== Source data ==
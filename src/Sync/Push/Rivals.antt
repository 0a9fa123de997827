-- ===== src/Sync/Push/Rivals.antt =====
-- Nobody's entry is impersonated: rows of two accounts under one entry id never meet in a space.
use rover_tools_orange_copy.Sync.Upsert.{write_insert, updated_work}
use rover_tools_orange_copy.Sync.Push.Cases.{inserted, updated, refused, Ends, write_update-ok}
use rover_tools_orange_copy.Sync.Push.Loop.{push_induction}
use rover_tools_orange_copy.Sync.Push.{push_entries}
use rover_tools_orange_copy.Sync.Entry.{
  Outcome, Work, Limits, added_to, is_key, is_rival, new_row, updated_row, PushEntry,
  belongs_to_someone_else,
}
use rover_tools_orange_copy.Store.{Db, Env, same_type, SyncEntry}
use rover_tools_orange_copy.Prelude.{
  In-update_first, ◌∙◌, inr, inl, ok-injective, first_where-In, ◌⊎◌, update_first, some,
  first_where, overlap, overlap-update, [], any_where-In, overlap_comm, not, ◌&&◌, ◌∷◌, arith,
  false, true, ◌==◌, Bool, In, ◌≡◌, List, ℕ,
}

-- The rows are of two accounts, under one client id and type, and share a space.
abbrev pub clash : SyncEntry → SyncEntry → Bool
clash r s =
    r.client_id == s.client_id
    && same_type r.entry_type s.entry_type
    && not (r.user_id == s.user_id)
    && overlap r.space_ids s.space_ids

abbrev pub NoRivals : List SyncEntry → Type 0
NoRivals rows = (r s : SyncEntry) → In r rows → In s rows → clash r s ≡ false

clash_comm : (r s : SyncEntry) → clash r s ≡ clash s r
clash_comm r s = ground (arith, overlap_comm r.space_ids s.space_ids)

-- The rival check of a push clears the row that it writes against every row of the table.
cleared :
    (db : Db) (uid : ℕ) (e : PushEntry) (spaces : List ℕ) (s : SyncEntry)
    → belongs_to_someone_else db uid e spaces ≡ false
    → In s db.entries
    → is_rival uid e spaces s ≡ false
unfolding belongs_to_someone_else
cleared db uid e [] s h m = ground (arith, overlap_comm s.space_ids [])
cleared db uid e (x ∷ xs) s h m = any_where-In (is_rival uid e (x ∷ xs)) db.entries s m h

-- A row of the entry's key, in spaces that pass the check.
module _ (uid did : ℕ) (e : PushEntry) (env : Env) where
  insert-clash :
      (s : SyncEntry)
      → is_rival uid e e.space_ids s ≡ false
      → clash s (new_row uid did e env) ≡ false
  unfolding new_row
  insert-clash s h = ground (arith)

  update-clash :
      (row s : SyncEntry)
      → is_key uid e.client_id e.entry_type row ≡ true
      → clash s row ≡ false
      → is_rival uid e (added_to row.space_ids e) s ≡ false
      → clash s (updated_row did e env.now row) ≡ false
  unfolding updated_row
  update-clash row s key old h =
      ground (arith, overlap-update s.space_ids row.space_ids e.space_ids)

self-clash : (r : SyncEntry) → clash r r ≡ false
self-clash r = ground arith

-- A table stays free of rivals if one row is added that clashes with none.
cons-NoRivals :
    (x : SyncEntry) (rows : List SyncEntry)
    → NoRivals rows
    → ((s : SyncEntry) → In s rows → clash s x ≡ false)
    → NoRivals (x ∷ rows)
cons-NoRivals x rows h new r s (inl p) (inl q) = rw (← p, ← q) (self-clash x)
cons-NoRivals x rows h new r s (inl p) (inr n) = rw (← p) (clash_comm x s ∙ new s n)
cons-NoRivals x rows h new r s (inr m) (inl q) = rw (← q) (new r m)
cons-NoRivals x rows h new r s (inr m) (inr n) = h r s m n

-- Or if one row is changed so that it clashes with none.
update-NoRivals :
    (p : SyncEntry → Bool) (f : SyncEntry → SyncEntry) (rows : List SyncEntry) (x : SyncEntry)
    → first_where p rows ≡ some x
    → NoRivals rows
    → ((s : SyncEntry) → In s rows → clash s (f x) ≡ false)
    → NoRivals (update_first p f rows)
update-NoRivals p f rows x found h new r s m n =
    both (In-update_first p f rows r m) (In-update_first p f rows s n)
  where
    is_fx : (z y : SyncEntry) → first_where p rows ≡ some z → y ≡ f z → y ≡ f x
    is_fx z y e q = ground arith

    both :
        (In r rows ⊎ ((z : SyncEntry) × (first_where p rows ≡ some z) × (r ≡ f z)))
        → (In s rows ⊎ ((z : SyncEntry) × (first_where p rows ≡ some z) × (s ≡ f z)))
        → clash r s ≡ false
    both (inl a) (inl b) = h r s a b
    both (inl a) (inr (z, e, q)) = rw (is_fx z s e q) (new r a)
    both (inr (z, e, q)) (inl b) = rw (is_fx z r e q) (clash_comm (f x) s ∙ new s b)
    both (inr (z, e, q)) (inr (y, e', q')) = rw (is_fx z r e q, is_fx y s e' q') (self-clash (f x))

module _ (cfg : Limits) (uid did : ℕ) where
  upsert-NoRivals :
      (e : PushEntry) (env : Env) (w : Work) (r : Outcome × List ℕ × Work)
      → NoRivals w.db.entries
      → Ends cfg uid did e env w r
      → NoRivals r.2.db.entries
  unfolding write_insert updated_work
  upsert-NoRivals e env w r h (refused reason same) = rw same h
  upsert-NoRivals e env w r h (updated row found _ _ _ rival _ k) =
      let (removals, _, same) = write_update-ok uid did e env row w r k in
      let (stored, key) =
        first_where-In (is_key uid e.client_id e.entry_type) w.db.entries row found in
      rw same (
        update-NoRivals _ _ w.db.entries row found h λ s m.
          update-clash uid did e env row s key (h s row m stored)
            (cleared w.db uid e (added_to row.space_ids e) s rival m))
  upsert-NoRivals e env w r h (inserted _ _ _ rival _ k) = rw (← ok-injective k) (
      cons-NoRivals _ w.db.entries h
        λ s m. insert-clash uid did e env s (cleared w.db uid e e.space_ids s rival m))

  -- If no two accounts' rows under one entry id share a space, then no push brings that about,
  -- whether it is committed or rolled back.
  pub push-NoRivals :
      (env : ℕ → Env) (es : List PushEntry) (db : Db)
      → NoRivals db.entries
      → NoRivals (push_entries cfg uid did env es db).1.entries
  push-NoRivals env es db h =
      push_induction cfg uid did (λ w. NoRivals w.db.entries) (record { at = upsert-NoRivals })
        (λ d. NoRivals d.entries) (λ w p. p) env es db h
===
__What this task involves__
In how many lines of the material does the string "self" appear? Reply with the number only.

__Result for this exercise__
4